__WHAT YOU SHOULD DO__
All the data below needs to be retyped exactly as shown.
============
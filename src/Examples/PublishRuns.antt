-- ===== src/Examples/PublishRuns.antt =====
-- The newest of two versions is removed from an index on one backend.
use relkit.Prelude.{
  ◌≡◌, refl, true, false, Option, none, some, List, [], ◌∷◌, ◌++◌, ℤ, pos, Str, str,
}
use relkit.Prelude.Results.{ok}
use relkit.Rup.{VersionNode, Index}
use relkit.Wire.{Wire, Envelope}
use relkit.Envelope.{Signer, index_schema, envelope_schema, ed25519}
use relkit.Publish.{Backend}
use relkit.Publish.Unpublish.{Config, unpublish_on_backends}
use relkit.Publish.Removed.{IsRemoved, unpublish-IsRemoved}

abbrev node : Str → ℤ → VersionNode
node version code = record {
  version = version;
  code = code;
  min_from = pos 0;
  yanked = false;
  manifest = none;
  released_at = [];
  notes = [];
  notes_url = [];
  resolution_digest = [];
  operator_deployment_id = [];
  resolution_identity = [];
}

abbrev index_of : ℤ → List (Option VersionNode) → Index
index_of sequence versions = record {
  schema = index_schema;
  product = str "p";
  channel = str "c";
  sequence = sequence;
  generated_at = str "t";
  min_supported = pos 0;
  has_min_supported = false;
  expires_at = [];
  versions = versions;
}

abbrev published : Index
published = index_of (pos 5) (some (node (str "1") (pos 1)) ∷ some (node (str "2") (pos 2)) ∷ [])

abbrev rebuilt : Index
rebuilt = index_of (pos 1000) (some (node (str "1") (pos 1)) ∷ [])

abbrev letter : Envelope
letter = record {
  schema = envelope_schema;
  payload = str "x";
  signatures = some (record { key_id = str "k"; alg = ed25519; sig = [] }) ∷ [];
}

abbrev toy : Wire
toy = record {
  verify = λ key message sig. true;
  sign = λ seed message. [];
  public_key = λ seed. seed;
  sha256_hex = λ bytes. bytes;
  unmarshal_envelope = λ bytes. some letter;
  unmarshal_index = λ bytes. some published;
  unmarshal_fallback = λ bytes. none;
  unmarshal_directory = λ bytes. none;
  unmarshal_manifest = λ bytes. none;
  marshal_index = λ index. str "x";
  marshal_directory = λ doc. str "d";
}

abbrev config : Config
config = record {
  product = str "p";
  channel = str "c";
  trusted = none;
  signers = record { key_id = str "k"; seed = str "s" } ∷ [];
  wire = toy;
  marshal_envelope = λ env. str "new";
}

abbrev mirror : Backend
mirror = record {
  backend_name = str "m";
  writable = true;
  stored = ok (some (str "old"));
  accepts = true;
}

removed_two :
    (unpublish_on_backends config (str "2") false (str "t") (mirror ∷ [])).0 ≡ ok (some rebuilt)
unfolding unpublish_on_backends relkit.Publish.Unpublish.remove_from
    relkit.Publish.read_existing_indexes relkit.Publish.choose_index relkit.Publish.read_all
    relkit.Publish.read_index relkit.Publish.read_bytes relkit.Publish.of_this_channel
    relkit.Envelope.open_envelope relkit.Envelope.verified_envelope_payload relkit.Prelude.◌==◌
    relkit.Envelope.verified_payload relkit.Prelude.Dicts.lookup relkit.Publish.trusted_keys
    relkit.Publish.add_signers relkit.Prelude.Dicts.insert relkit.Publish.add_parsed
    relkit.Chain.Reachability.sorted_codes relkit.Chain.Reachability.sorted_keys
    relkit.Chain.Reachability.validate_reachability relkit.Chain.find_head relkit.Chain.reaches_head
    relkit.Chain.resolve_upgrade_path relkit.Envelope.accept_envelope
    relkit.Envelope.normalize_index relkit.Envelope.seal relkit.Prelude.◌+ℤ◌
    relkit.Prelude.Sorting.insert_by relkit.Prelude.Sorting.sort_by relkit.Prelude.ltb_str
    relkit.Publish.Unpublish.checked_kept relkit.Publish.Unpublish.checked_split
    relkit.Publish.Unpublish.clients_can_verify relkit.Publish.Unpublish.commit
    relkit.Publish.Unpublish.first_removed relkit.Publish.Unpublish.kept_versions
    relkit.Publish.Unpublish.put_pointer relkit.Publish.Unpublish.rebuild
    relkit.Publish.Unpublish.seal_and_commit relkit.Publish.Unpublish.split_node
    relkit.Publish.Unpublish.split_rest relkit.Publish.Unpublish.split_versions
    relkit.Publish.Unpublish.validate_index relkit.Publish.Unpublish.validate_new
    relkit.Publish.Unpublish.write_index relkit.Publish.backends_agree relkit.Publish.bytes_of
    relkit.Publish.check_identifier relkit.Publish.clone_version_nodes relkit.Publish.empty_index
    relkit.Publish.index_with relkit.Publish.min_supported_ptr relkit.Publish.new_index
    relkit.Publish.newest_index relkit.Publish.next_sequence relkit.Publish.floored
    relkit.Publish.wrap_int relkit.Publish.sorted_nodes
removed_two = refl

unpublish-IsRemoved_example : IsRemoved config (str "2") (str "t") (mirror ∷ []) rebuilt
unpublish-IsRemoved_example =
    unpublish-IsRemoved config (str "2") (str "t") (mirror ∷ []) rebuilt removed_two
============
__ANSWER FOR THE TASK__
filename src/Examples/PublishRuns.antt
-- ===== src/Examples/PublishRuns.antt =====
-- The newest of two versions is removed from an index on one backend.
use relkit.Prelude.{
  ◌≡◌, refl, true, false, Option, none, some, List, [], ◌∷◌, ◌++◌, ℤ, pos, Str, str,
}
use relkit.Prelude.Results.{ok}
use relkit.Rup.{VersionNode, Index}
use relkit.Wire.{Wire, Envelope}
use relkit.Envelope.{Signer, index_schema, envelope_schema, ed25519}
use relkit.Publish.{Backend}
use relkit.Publish.Unpublish.{Config, unpublish_on_backends}
use relkit.Publish.Removed.{IsRemoved, unpublish-IsRemoved}

abbrev node : Str → ℤ → VersionNode
node version code = record {
  version = version;
  code = code;
  min_from = pos 0;
  yanked = false;
  manifest = none;
  released_at = [];
  notes = [];
  notes_url = [];
  resolution_digest = [];
  operator_deployment_id = [];
  resolution_identity = [];
}

abbrev index_of : ℤ → List (Option VersionNode) → Index
index_of sequence versions = record {
  schema = index_schema;
  product = str "p";
  channel = str "c";
  sequence = sequence;
  generated_at = str "t";
  min_supported = pos 0;
  has_min_supported = false;
  expires_at = [];
  versions = versions;
}

abbrev published : Index
published = index_of (pos 5) (some (node (str "1") (pos 1)) ∷ some (node (str "2") (pos 2)) ∷ [])

abbrev rebuilt : Index
rebuilt = index_of (pos 1000) (some (node (str "1") (pos 1)) ∷ [])

abbrev letter : Envelope
letter = record {
  schema = envelope_schema;
  payload = str "x";
  signatures = some (record { key_id = str "k"; alg = ed25519; sig = [] }) ∷ [];
}

abbrev toy : Wire
toy = record {
  verify = λ key message sig. true;
  sign = λ seed message. [];
  public_key = λ seed. seed;
  sha256_hex = λ bytes. bytes;
  unmarshal_envelope = λ bytes. some letter;
  unmarshal_index = λ bytes. some published;
  unmarshal_fallback = λ bytes. none;
  unmarshal_directory = λ bytes. none;
  unmarshal_manifest = λ bytes. none;
  marshal_index = λ index. str "x";
  marshal_directory = λ doc. str "d";
}

abbrev config : Config
config = record {
  product = str "p";
  channel = str "c";
  trusted = none;
  signers = record { key_id = str "k"; seed = str "s" } ∷ [];
  wire = toy;
  marshal_envelope = λ env. str "new";
}

abbrev mirror : Backend
mirror = record {
  backend_name = str "m";
  writable = true;
  stored = ok (some (str "old"));
  accepts = true;
}

removed_two :
    (unpublish_on_backends config (str "2") false (str "t") (mirror ∷ [])).0 ≡ ok (some rebuilt)
unfolding unpublish_on_backends relkit.Publish.Unpublish.remove_from
    relkit.Publish.read_existing_indexes relkit.Publish.choose_index relkit.Publish.read_all
    relkit.Publish.read_index relkit.Publish.read_bytes relkit.Publish.of_this_channel
    relkit.Envelope.open_envelope relkit.Envelope.verified_envelope_payload relkit.Prelude.◌==◌
    relkit.Envelope.verified_payload relkit.Prelude.Dicts.lookup relkit.Publish.trusted_keys
    relkit.Publish.add_signers relkit.Prelude.Dicts.insert relkit.Publish.add_parsed
    relkit.Chain.Reachability.sorted_codes relkit.Chain.Reachability.sorted_keys
    relkit.Chain.Reachability.validate_reachability relkit.Chain.find_head relkit.Chain.reaches_head
    relkit.Chain.resolve_upgrade_path relkit.Envelope.accept_envelope
    relkit.Envelope.normalize_index relkit.Envelope.seal relkit.Prelude.◌+ℤ◌
    relkit.Prelude.Sorting.insert_by relkit.Prelude.Sorting.sort_by relkit.Prelude.ltb_str
    relkit.Publish.Unpublish.checked_kept relkit.Publish.Unpublish.checked_split
    relkit.Publish.Unpublish.clients_can_verify relkit.Publish.Unpublish.commit
    relkit.Publish.Unpublish.first_removed relkit.Publish.Unpublish.kept_versions
    relkit.Publish.Unpublish.put_pointer relkit.Publish.Unpublish.rebuild
    relkit.Publish.Unpublish.seal_and_commit relkit.Publish.Unpublish.split_node
    relkit.Publish.Unpublish.split_rest relkit.Publish.Unpublish.split_versions
    relkit.Publish.Unpublish.validate_index relkit.Publish.Unpublish.validate_new
    relkit.Publish.Unpublish.write_index relkit.Publish.backends_agree relkit.Publish.bytes_of
    relkit.Publish.check_identifier relkit.Publish.clone_version_nodes relkit.Publish.empty_index
    relkit.Publish.index_with relkit.Publish.min_supported_ptr relkit.Publish.new_index
    relkit.Publish.newest_index relkit.Publish.next_sequence relkit.Publish.floored
    relkit.Publish.wrap_int relkit.Publish.sorted_nodes
removed_two = refl

unpublish-IsRemoved_example : IsRemoved config (str "2") (str "t") (mirror ∷ []) rebuilt
unpublish-IsRemoved_example =
    unpublish-IsRemoved config (str "2") (str "t") (mirror ∷ []) rebuilt removed_two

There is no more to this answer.